What the exercise asks:
In the reply, include exactly the lines of the entries below from the first to the line with "use just_rt.Timer.Calls", that line included.

Recorded data:
[Start of section]

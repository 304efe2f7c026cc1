-- ===== src/System/Steps.antt =====
-- The steps of a started kernel, and the states that it reaches.
use just_rt.Common.{ℕ, ◌<◌, ◌≡◌, ◌≢◌, Bool, true, u32_max, some}
use just_rt.Kernel.{Kernel, current_task, request_switch}
use just_rt.Kernel.TaskState
use just_rt.Wait.{Deadline, outcome_kernel}
use just_rt.Sched.{pendsv_switch, restored}
use just_rt.Sync.Semaphore as Semaphore
use just_rt.Sync.Mutex as Mutex
use just_rt.Sync.Queue as Queue
use just_rt.Timer as Timer
use just_rt.Timer.Calls
use just_rt.Service.Lifecycle.{suspend, resume, sleep_current}
use just_rt.Service.Svc.{SvcCounters, svc_dispatch}
use just_rt.Service.Notification as Notification
use just_rt.Service.EventGroup as EventGroup
use just_rt.Tick.{continued, tick_tasks}
use just_rt.Init.Boot.{kernel_start}
use just_rt.System.State.{idle_index}

-- A call that can suspend the current task, which runs and is not the idle task.
pub data Blocking (address : ℕ → ℕ) (k : Kernel) : Kernel → Type 0 where
  semaphore_take :
      (s timeout : ℕ) (d : Deadline)
      → s ≢ 0
      → Blocking address k (outcome_kernel (Semaphore.take k s timeout d))
  mutex_lock :
      (m timeout : ℕ) (d : Deadline)
      → m ≢ 0
      → Mutex.is_linked k m ≡ true
      → (k.mutexes m).recursion < u32_max
      → Blocking address k (outcome_kernel (Mutex.lock k m timeout d))
  queue_send :
      (q item timeout : ℕ) (d : Deadline)
      → q ≢ 0
      → Blocking address k (outcome_kernel (Queue.send k q item timeout d))
  queue_send_again :
      (q item timeout : ℕ) (d : Deadline)
      → q ≢ 0
      → Blocking address k (outcome_kernel (Queue.send_resume k q item timeout d))
  queue_receive :
      (q item timeout : ℕ) (d : Deadline)
      → q ≢ 0
      → Blocking address k (outcome_kernel (Queue.receive k q item timeout d))
  queue_receive_again :
      (q item timeout : ℕ) (d : Deadline)
      → q ≢ 0
      → Blocking address k (outcome_kernel (Queue.receive_resume k q item timeout d))
  notify_take :
      (timeout : ℕ)
      → address k.current ≢ 0
      → Blocking address k (outcome_kernel (Notification.take address k timeout).0)
  event_wait :
      (group bits wait_all clear_on_exit timeout : ℕ)
      → Blocking address k
          (outcome_kernel (EventGroup.wait_bits k group bits wait_all clear_on_exit timeout))
  sleep : (ticks : ℕ) → Blocking address k (sleep_current k ticks)
  supervisor_call :
      (c : SvcCounters) (exc_return number r0 : ℕ)
      → Blocking address k (svc_dispatch c k exc_return number r0).1
  timer_claim : Blocking address k (Timer.service_claim k).0

-- A call that returns to its caller, a task or an interrupt handler.
pub data Immediate (k : Kernel) : Kernel → Type 0 where
  semaphore_give : (s : ℕ) → Immediate k (Semaphore.give k s)
  semaphore_give_from_isr : (s : ℕ) → Immediate k (Semaphore.give_from_isr k s)
  mutex_create : (m : ℕ) → m ≢ 0 → Immediate k (Mutex.create k m)
  mutex_unlock : (m : ℕ) → Mutex.is_linked k m ≡ true → Immediate k (Mutex.unlock k m).0
  queue_send_from_isr : (q item : ℕ) → Immediate k (Queue.send_from_isr k q item).0
  task_suspend : (requested : ℕ) → Immediate k (suspend k requested).0
  task_resume : (requested : ℕ) → Immediate k (resume k requested).0
  task_notify :
      (from_isr : Bool) (task_id value : ℕ)
      → Immediate k (Notification.notify from_isr k task_id value).0
  notification_taken : Immediate k (Notification.take_resume k).0
  event_create : (group : ℕ) → Immediate k (EventGroup.create k group)
  event_set :
      (from_isr : Bool) (group bits : ℕ) → Immediate k (EventGroup.set_bits from_isr k group bits).0
  event_taken : (group bits : ℕ) → Immediate k (EventGroup.wait_bits_resume k group bits).0
  yield : Immediate k (request_switch k)
  timer_call : (c : Calls.Call) → Immediate k (Calls.perform k c)

-- A step of the kernel: a call, `JRT_KernelStart`, a change between thread and handler mode, a system tick that
-- continues, or a context switch that restores a task.
pub data Step (address : ℕ → ℕ) (k : Kernel) : Kernel → Type 0 where
  blocking_call :
      {k' : Kernel}
      → k.current ≢ idle_index k
      → (current_task k).state ≡ TaskState.running
      → Blocking address k k'
      → Step address k k'
  immediate_call : {k' : Kernel} → Immediate k k' → Step address k k'
  context : (in_isr : Bool) → Step address k (record k { in_isr = in_isr })
  start : {k' : Kernel} → kernel_start k ≡ some k' → Step address k k'
  tick : {k' : Kernel} → tick_tasks address k ≡ continued k' → Step address k k'
  switch :
      {k' : Kernel} (sp restored_sp : ℕ)
      → pendsv_switch k sp ≡ restored k' restored_sp
      → Step address k k'

-- The states that a kernel reaches from `start`.
pub data Reachable (address : ℕ → ℕ) (start : Kernel) : Kernel → Type 0 where
  here : Reachable address start start
  later :
      {k k' : Kernel} → Reachable address start k → Step address k k' → Reachable address start k'
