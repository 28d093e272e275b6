-- ===== src/Prompt/Responses.antt =====
-- src/model/response.rs: what a response that is made keeps is what the default provider needs of it.
use minicore_runtime.Base.{
  ◌≡◌, refl, true, false, ◌&&◌, not, List, [], ◌∷◌, all, is_empty, Option, is_some, Result, ok, err,
  ◌>>=◌, Ok, if_cases, arith,
}
use minicore_runtime.Text.{valid_text}
use minicore_runtime.Usage.{Usage}
use minicore_runtime.Message.{
  AssistantPart, ModelValueError, text, reasoning, tool_call, normalize_parts,
  validate_tool_call_order,
}
use minicore_runtime.Message.Order.{valid_text_part, validate_tool_call_order_iff}
use minicore_runtime.Exchange.{ProviderReplay}
use minicore_runtime.Response.{ModelFinishReason, ModelResponse, new_response}
use minicore_runtime.Prompt.Conversation.{text_within, AreInOrder}

valid_parts_within :
    (parts : List AssistantPart) → all valid_text_part parts ≡ true → all text_within parts ≡ true
unfolding valid_text
valid_parts_within [] h = refl
valid_parts_within (text t ∷ parts) h = ground (arith, h, valid_parts_within parts)
valid_parts_within (reasoning r ∷ parts) h = valid_parts_within parts h
valid_parts_within (tool_call c ∷ parts) h = valid_parts_within parts h

checked_in_order :
    (parts : List AssistantPart) (replay : Option ProviderReplay)
    → (is_empty parts && not (is_some replay)) ≡ false
    → validate_tool_call_order parts ≡ ok tt
    → AreInOrder parts replay
checked_in_order parts replay e v =
    let (texts, numbered, fresh, fewer) = (validate_tool_call_order_iff parts).0 v in
    (e, valid_parts_within parts texts, numbered, fresh, fewer)

-- The parts and the metadata of every response that is made are in order.
new_response-AreInOrder :
    (parts : List AssistantPart) (reason : ModelFinishReason) (usage : Option Usage)
    (replay : Option ProviderReplay)
    → Ok
        (λ (r : ModelResponse). AreInOrder r.parts r.provider_replay)
        (new_response parts reason usage replay)
unfolding new_response
new_response-AreInOrder parts reason usage replay =
    let P : Result ModelResponse ModelValueError → Type 0 =
      Ok (λ r. AreInOrder r.parts r.provider_replay) in
    if_cases P (is_empty (normalize_parts parts) && not (is_some replay)) (λ t. tt)
      (λ f.
        checked (validate_tool_call_order (normalize_parts parts))
          (checked_in_order (normalize_parts parts) replay f))
  where
    checked :
        (v : Result (Unit {0}) ModelValueError)
        → (v ≡ ok tt → AreInOrder (normalize_parts parts) replay)
        → Ok
            (λ (r : ModelResponse). AreInOrder r.parts r.provider_replay)
            (v >>= λ u. ok (record {
              parts = normalize_parts parts;
              finish_reason = reason;
              usage = usage;
              provider_replay = replay;
            }))
    checked (err e) h = tt
    checked (ok u) h = h refl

[End of section]

Written answer:
repository 304efe2f7c026cc1
-- ===== src/System/Steps.antt =====
-- The steps of a started kernel, and the states that it reaches.
use just_rt.Common.{ℕ, ◌<◌, ◌≡◌, ◌≢◌, Bool, true, u32_max, some}
use just_rt.Kernel.{Kernel, current_task, request_switch}
use just_rt.Kernel.TaskState
use just_rt.Wait.{Deadline, outcome_kernel}
use just_rt.Sched.{pendsv_switch, restored}
use just_rt.Sync.Semaphore as Semaphore
use just_rt.Sync.Mutex as Mutex
use just_rt.Sync.Queue as Queue
use just_rt.Timer as Timer
use just_rt.Timer.Calls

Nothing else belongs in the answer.